- [Information]
________

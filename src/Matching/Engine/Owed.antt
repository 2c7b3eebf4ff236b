-- ===== src/Matching/Engine/Owed.antt =====
-- What a trade will consume, and one exchange: what the two orders lock afterwards and what the trade
-- will consume is no more than what they locked.
use lumendark.Common.{
  ℕ, ◌≡◌, Bool, true, false, List, [], ◌∷◌, ◌++◌, if◌then◌else◌, ℤ, pos, ◌+ℤ◌, ◌-ℤ◌, ◌*ℤ◌, ◌≤ℤ◌,
  int_laws, Decimal, mul_mono,
}
use lumendark.Models.Order.{
  Order, Asset, OrderSide, buy, sell, fill, remaining_quantity, liability_asset,
}
use lumendark.Models.Order.Laws.{locked_for, liability_amount-eq, liability_amount-fill}
use lumendark.Models.Trade.{Trade, amount_a, amount_b}
use lumendark.Models.Trade
use lumendark.Storage.UserStore.Holdings.{concerns}
use lumendark.Storage.UserStore.Cover.{Demand, bump}
use lumendark.Storage.OrderBook.Locked.{lock}
use lumendark.Matching.Engine.{TradeOf, buy_trade, sell_trade}

-- The buyer's B and the seller's A.
abbrev pub traded : Trade → Demand
traded t v y =
    bump t.buyer_address Asset.b (amount_b t) v y +ℤ bump t.seller_address Asset.a (amount_a t) v y

unfoldable pub pending : List Trade → Demand
pending [] v y = pos 0
pending (t ∷ ts) v y = traded t v y +ℤ pending ts v y

pub pending-append :
    (ts us : List Trade) (v : ℕ) (y : Asset)
    → pending (ts ++ us) v y ≡ pending ts v y +ℤ pending us v y
unfolding pending
pending-append [] us v y = omega int_laws
pending-append (t ∷ ts) us v y = rw (pending-append ts us v y) (omega int_laws)

module _ (q : Decimal) (o : Order) (v : ℕ) (y : Asset) where
  lock_side :
      (side : OrderSide)
      → o.side ≡ side
      → lock o v y
        ≡ bump o.user_address
            (elim side [ buy ↦ Asset.b | sell ↦ Asset.a ])
            (locked_for side o.price (remaining_quantity o))
            v
            y
  unfolding liability_asset
  lock_side side e = rw (liability_amount-eq o, e)

  lock-fill_side :
      (side : OrderSide)
      → o.side ≡ side
      → lock (fill q o) v y
        ≡ bump o.user_address
            (elim side [ buy ↦ Asset.b | sell ↦ Asset.a ])
            (locked_for side o.price (remaining_quantity o) -ℤ locked_for side o.price q)
            v
            y
  unfolding liability_asset
  lock-fill_side side e =
      rw (liability_amount-fill q o, liability_amount-eq o) (unfold fill in rw e)

abbrev pub opposite : OrderSide → OrderSide
opposite buy = sell
opposite sell = buy

-- A price that an order of a side and a limit accepts.
abbrev pub Crosses : OrderSide → Decimal → Decimal → Type 0
Crosses buy limit price = price ≤ℤ limit
Crosses sell limit price = limit ≤ℤ price

abbrev pub taker_trade : OrderSide → ℕ → TradeOf
taker_trade buy = buy_trade
taker_trade sell = sell_trade

abbrev when : Bool → ℤ → ℤ
when c x = if c then x else pos 0

-- The taker buys: `r` and `t` remain, and `u` is what the taker locked for `q` at its own limit.
buyer_exchange :
    (c d : Bool) (r t q paid u : ℤ)
    → paid ≤ℤ u
    → when c (r -ℤ q) +ℤ (when d paid +ℤ when c q) +ℤ when d (t -ℤ u) ≤ℤ when c r +ℤ when d t
buyer_exchange true true r t q paid u h = omega (int_laws, h)
buyer_exchange true false r t q paid u h = omega (int_laws, h)
buyer_exchange false true r t q paid u h = omega (int_laws, h)
buyer_exchange false false r t q paid u h = omega (int_laws, h)

seller_exchange :
    (c d : Bool) (r t q paid : ℤ)
    → when d (r -ℤ paid) +ℤ (when d paid +ℤ when c q) +ℤ when c (t -ℤ q) ≤ℤ when d r +ℤ when c t
seller_exchange true true r t q paid = omega int_laws
seller_exchange true false r t q paid = omega int_laws
seller_exchange false true r t q paid = omega int_laws
seller_exchange false false r t q paid = omega int_laws

pub exchange :
    (side : OrderSide) (now uuid : ℕ) (incoming resting : Order) (q : Decimal)
    → incoming.side ≡ side
    → resting.side ≡ opposite side
    → Crosses side incoming.price resting.price
    → pos 0 ≤ℤ q
    → (v : ℕ) (y : Asset)
    → lock (fill q resting) v y
        +ℤ traded (taker_trade side now uuid incoming resting q) v y
        +ℤ lock (fill q incoming) v y
      ≤ℤ lock resting v y +ℤ lock incoming v y
unfolding buy_trade sell_trade Trade.create
exchange buy now uuid incoming resting q mine other crosses nonneg v y =
    rw
      (
        lock_side q incoming v y buy mine,
        lock_side q resting v y sell other,
        lock-fill_side q incoming v y buy mine,
        lock-fill_side q resting v y sell other,
      )
      (buyer_exchange (concerns resting.user_address Asset.a v y)
        (concerns incoming.user_address Asset.b v y) (remaining_quantity resting)
        (incoming.price *ℤ remaining_quantity incoming) q (resting.price *ℤ q) (incoming.price *ℤ q)
        (mul_mono resting.price incoming.price q crosses nonneg))
exchange sell now uuid incoming resting q mine other crosses nonneg v y =
    rw
      (
        lock_side q incoming v y sell mine,
        lock_side q resting v y buy other,
        lock-fill_side q incoming v y sell mine,
        lock-fill_side q resting v y buy other,
      )
      (seller_exchange (concerns incoming.user_address Asset.a v y)
        (concerns resting.user_address Asset.b v y) (resting.price *ℤ remaining_quantity resting)
        (remaining_quantity incoming) q (resting.price *ℤ q))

________

- [Exercise objective] Copy out each line of the data above, exactly, if it lies between the line holding "pending-append (t ∷" and the line holding "when c x = if c then x else pos 0", inclusive; copy no other line.

- [Solved problem]
pending-append (t ∷ ts) us v y = rw (pending-append ts us v y) (omega int_laws)

module _ (q : Decimal) (o : Order) (v : ℕ) (y : Asset) where
  lock_side :
      (side : OrderSide)
      → o.side ≡ side
      → lock o v y
        ≡ bump o.user_address
            (elim side [ buy ↦ Asset.b | sell ↦ Asset.a ])
            (locked_for side o.price (remaining_quantity o))
            v
            y
  unfolding liability_asset
  lock_side side e = rw (liability_amount-eq o, e)

  lock-fill_side :
      (side : OrderSide)
      → o.side ≡ side
      → lock (fill q o) v y
        ≡ bump o.user_address
            (elim side [ buy ↦ Asset.b | sell ↦ Asset.a ])
            (locked_for side o.price (remaining_quantity o) -ℤ locked_for side o.price q)
            v
            y
  unfolding liability_asset
  lock-fill_side side e =
      rw (liability_amount-fill q o, liability_amount-eq o) (unfold fill in rw e)

abbrev pub opposite : OrderSide → OrderSide
opposite buy = sell
opposite sell = buy

-- A price that an order of a side and a limit accepts.
abbrev pub Crosses : OrderSide → Decimal → Decimal → Type 0
Crosses buy limit price = price ≤ℤ limit
Crosses sell limit price = limit ≤ℤ price

abbrev pub taker_trade : OrderSide → ℕ → TradeOf
taker_trade buy = buy_trade
taker_trade sell = sell_trade

abbrev when : Bool → ℤ → ℤ
when c x = if c then x else pos 0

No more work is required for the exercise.